I am reading section 2.6 of Shercliff's book on MHD. He first establishes that (following his notation) \begin{align} \sum p &= q \delta \hspace{1em} \text{and} \tag{1} \\ \sum p(\mathbf u + \mathbf v) &= \mathbf j \delta \tag{2} \end{align} where $p$ is the charge of a free particle, $\delta$ is volume of a small representative region, $q$ free charge density, $\mathbf u$ is the particle's velocity w.r.t the fluid which is moving with a velocity $\mathbf v$, and $\mathbf j$ is the current density. The summations in above equations are over the representative volume in which macroscopic properties (all except $p$ and $\mathbf u$) remain constant.
He then introduces Ohm's law as a balance between electromagnetic and drag forces. \begin{align} \sum p \mathbf E + \sum p(\mathbf u + \mathbf v) \times \mathbf B = \sum k \mathbf u \tag{3} \end{align} where $k$ is some sort of drag coefficient. He goes forward stating that the RHS can be written as follows due to experiments \begin{align} \sum k \mathbf u = q \delta \frac{\mathbf j_c}{\sigma} \tag{4} \end{align} where $\mathbf j_c$ is the conduction current density and $\sigma$ is the conductivity.
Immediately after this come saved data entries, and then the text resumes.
-- ===== src/Simple/Flight.antt =====
-- Counting over the requests in flight.
use fast_net.Base.{
  ℕ, zero, suc, ◌+◌, ◌≡◌, refl, subst, inl, inr, Bool, List, [], ◌∷◌, ◌++◌, length, some, arith,
  if◌then◌else◌, All, Option-cases,
}
use fast_net.Pool.Counting.{count}
use fast_net.Simple.{RequestData, take_out}

-- The blocks of the requests in flight.
abbrev pub blocks : List RequestData → List ℕ
blocks [] = []
blocks (r ∷ rs) = r.address ∷ blocks rs

pub count-blocks :
    (a : ℕ) (rs : List RequestData) (r : RequestData)
    → count a (blocks (rs ++ (r ∷ []))) ≡ count a (blocks rs) + count a (r.address ∷ [])
count-blocks a [] r = omega arith
count-blocks a (q ∷ rs) r = omega (arith, count-blocks a rs r)

-- How many of them satisfy a test.
abbrev pub number : (RequestData → Bool) → List RequestData → ℕ
number p [] = 0
number p (r ∷ rs) = (if p r then 1 else 0) + number p rs

-- What is taken out is gone, and the rest is as before.
pub record Taken (rs : List RequestData) (q : RequestData) (qs : List RequestData) : Type 1 where
  pub counted : (a : ℕ) → count a (blocks rs) ≡ count a (q.address ∷ blocks qs)
  pub numbered : (p : RequestData → Bool) → number p rs ≡ (if p q then 1 else 0) + number p qs
  pub shorter : length rs ≡ length qs + 1
  pub split_all : (P : RequestData → Type 0) → All P rs → P q × All P qs

Taken-here : (r : RequestData) (rs : List RequestData) → Taken (r ∷ rs) r rs
Taken-here r rs = record {
  counted = λ a. refl;
  numbered = λ p. refl;
  shorter = omega arith;
  split_all = λ P h. h;
}

Taken-later :
    (r : RequestData) (rs : List RequestData) (q : RequestData) (qs : List RequestData)
    → Taken rs q qs
    → Taken (r ∷ rs) q (r ∷ qs)
Taken-later r rs q qs t = record {
  counted = λ a. omega (arith, t.counted a);
  numbered = λ p. omega (arith, t.numbered p);
  shorter = omega (arith, t.shorter);
  split_all = λ P h. let (hq, hs) = t.split_all P h.1 in (hq, (h.0, hs));
}

abbrev Pair : Type 0
Pair = RequestData × List RequestData

Taken-eq :
    (rs : List RequestData) (x y : Pair) → some x ≡ some y → Taken rs x.0 x.1 → Taken rs y.0 y.1
Taken-eq rs x y e t = let same : x ≡ y = cc in subst (λ (z : Pair). Taken rs z.0 z.1) same t

pub take_out-Taken :
    (i : ℕ) (rs : List RequestData) (q : RequestData) (qs : List RequestData)
    → take_out i rs ≡ some (q, qs)
    → Taken rs q qs
unfolding take_out
take_out-Taken i [] q qs e = cc
take_out-Taken zero (r ∷ rs) q qs e = Taken-eq (r ∷ rs) (r, rs) (q, qs) e (Taken-here r rs)
take_out-Taken (suc i) (r ∷ rs) q qs e = elim (Option-cases (take_out i rs)) [
  | inl gone ↦ cc (rw (gone, take_out) at e)
  | inr ((q', qs'), found) ↦
      Taken-eq (r ∷ rs) (q', r ∷ qs') (q, qs) (rw (found, take_out) at e)
        (Taken-later r rs q' qs' (take_out-Taken i rs q' qs' found))
]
Combining everything (putting (1), (2) and (4) in (3)), we have the Ohm's law as follows. \begin{align} \frac{\mathbf j_c}{\sigma} = \mathbf E + \frac{\mathbf j \times \mathbf B}{q} \tag{5} \end{align} This equation only relates $\mathbf j_c$ to $\mathbf j$, $\mathbf E$ and $\mathbf B$. To determine $\mathbf j$ for a given $\mathbf E$ and $\mathbf B$, we need one more relation between $\mathbf j_c$ and $\mathbf j$. How do we proceed?
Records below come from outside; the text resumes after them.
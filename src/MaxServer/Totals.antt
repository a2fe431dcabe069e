-- ===== src/MaxServer/Totals.antt =====
-- The count does not depend on how the threads take turns.
use fast_net.Base.{
  ◌*◌, ℕ, zero, suc, ◌+◌, ◌%◌, ◌<◌, ◌≡◌, refl, inl, inr, Bool, true, false, List, [], ◌∷◌, ◌++◌,
  arith, ◌==◌, ==_iff, Bool-cases, if◌then◌else◌, All,
}
use fast_net.Uring.{Res, bytes, error}
use fast_net.MaxServer.{u64_mod, on_completion, Counters, start_counters, apply, step, run}

-- The completions of thread `i`, in order.
abbrev pub completions_of : ℕ → List (ℕ × Res) → List Res
completions_of i [] = []
completions_of i ((j, res) ∷ cs) = if j == i then res ∷ completions_of i cs else completions_of i cs

-- What one client sends before it closes the connection or a read fails.
abbrev pub received : List Res → ℕ
received [] = 0
received (error e ∷ rs) = 0
received (bytes n ∷ rs) = if n == 0 then 0 else n + received rs

-- The sum over the threads from 0 to `n` - 1.
abbrev pub total : ℕ → (ℕ → ℕ) → ℕ
total zero f = 0
total (suc n) f = total n f + f n

-- What thread `i` still brings in state `s`.
abbrev pending : Counters → List (ℕ × Res) → ℕ → ℕ
pending s cs i = if s.closed i then 0 else received (completions_of i cs)

pub total-eq : (n : ℕ) (f g : ℕ → ℕ) → ((i : ℕ) → i < n → f i ≡ g i) → total n f ≡ total n g
total-eq zero f g h = refl
total-eq (suc n) f g h =
    omega (arith, total-eq n f g (λ i below. h i (omega arith)), h n (omega arith))

pub total-scale : (n m : ℕ) (f : ℕ → ℕ) → total n (λ i. f i * m) ≡ total n f * m
total-scale zero m f = omega arith
total-scale (suc n) m f = grind (arith, total-scale n m f)

total-zero : (n : ℕ) (f : ℕ → ℕ) → ((i : ℕ) → f i ≡ 0) → total n f ≡ 0
total-zero zero f h = refl
total-zero (suc n) f h = omega (arith, total-zero n f h, h n)

-- Two families that differ at one index only.
total-differ :
    (n k d : ℕ) (f g : ℕ → ℕ)
    → k < n
    → ((i : ℕ) → (i == k) ≡ false → f i ≡ g i)
    → f k ≡ g k + d
    → total n f ≡ total n g + d
total-differ zero k d f g below h e = absurd (omega arith)
total-differ (suc n) k d f g below h e = elim (Bool-cases (n == k)) [
  | inl last ↦
      let same : n ≡ k = (==_iff n k).0 last in
      let at_k : f n ≡ g n + d = rw (← same) at e in
      omega (arith, total-eq n f g (λ i less. h i (ground arith)), at_k)
  | inr other ↦ omega (arith, total-differ n k d f g (ground arith) h e, h n other)
]

-- The bytes that a completion adds to the count.
abbrev gain : Bool → Res → ℕ
gain true res = 0
gain false (error e) = 0
gain false (bytes n) = n

step-total :
    (s : Counters) (j : ℕ) (res : Res)
    → s.total_bytes_received < u64_mod
    → (step (j, res) s).total_bytes_received
      ≡ (s.total_bytes_received + gain (s.closed j) res) % u64_mod
unfolding step apply on_completion
step-total s j (error e) small = ground arith
step-total s j (bytes n) small = ground arith

pending-other :
    (s : Counters) (j : ℕ) (res : Res) (cs : List (ℕ × Res)) (i : ℕ)
    → (i == j) ≡ false
    → pending s ((j, res) ∷ cs) i ≡ pending (step (j, res) s) cs i
unfolding step apply on_completion
pending-other s j (error e) cs i ne = ground arith
pending-other s j (bytes n) cs i ne = ground arith

pending_self :
    (s : Counters) (j : ℕ) (res : Res) (cs : List (ℕ × Res))
    → pending s ((j, res) ∷ cs) j ≡ pending (step (j, res) s) cs j + gain (s.closed j) res
unfolding step apply on_completion
pending_self s j (error e) cs = ground arith
pending_self s j (bytes n) cs = ground arith

run-total :
    (n : ℕ) (cs : List (ℕ × Res)) (s : Counters)
    → All (λ c. c.0 < n) cs
    → s.total_bytes_received < u64_mod
    → (run cs s).total_bytes_received ≡ (s.total_bytes_received + total n (pending s cs)) % u64_mod
unfolding run
run-total n [] s below small = omega (arith, total-zero n (pending s []) (λ i. ground arith))
run-total n ((j, res) ∷ cs) s below small =
    let s' = step (j, res) s in
    let added = step-total s j res small in
    let moved =
      total-differ n j (gain (s.closed j) res) (pending s ((j, res) ∷ cs)) (pending s' cs) below.0
        (pending-other s j res cs) (pending_self s j res cs) in
    omega (arith, run-total n cs s' below.1 (omega arith))

pub run-append : (cs ds : List (ℕ × Res)) (s : Counters) → run (cs ++ ds) s ≡ run ds (run cs s)
unfolding run
run-append [] ds s = refl
run-append (c ∷ cs) ds s = run-append cs ds (step c s)

-- However the completions of `n` threads are interleaved, the count is the sum of what each client
-- sent before its connection ended or failed, modulo 2^64.
pub run-received :
    (n : ℕ) (cs : List (ℕ × Res))
    → All (λ c. c.0 < n) cs
    → (run cs start_counters).total_bytes_received
      ≡ total n (λ i. received (completions_of i cs)) % u64_mod
run-received n cs below = omega (arith, run-total n cs start_counters below (omega arith))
In a later section, he says
In future therefore the conduction current is taken as being the total current, $\partial \mathbf P/\partial t$ and $q \mathbf v$ being negligible, so that \begin{align} \mathbf j = \sigma(\mathbf E + \mathbf v\times \mathbf B) \tag{6} \end{align}
Here $\partial \mathbf P/\partial t$ is the polarisation current.
Question
Is the following equation correct? $$ \mathbf j = \mathbf j_c + \partial \mathbf P/\partial t + q\mathbf v $$ If so, how is it derived, given (2) and (4). If not, what is that other relation between $\mathbf j_c$ and $\mathbf j$? And how does (5) simplify to (6) in light of these two relations between $\mathbf j_c$ and $\mathbf j$?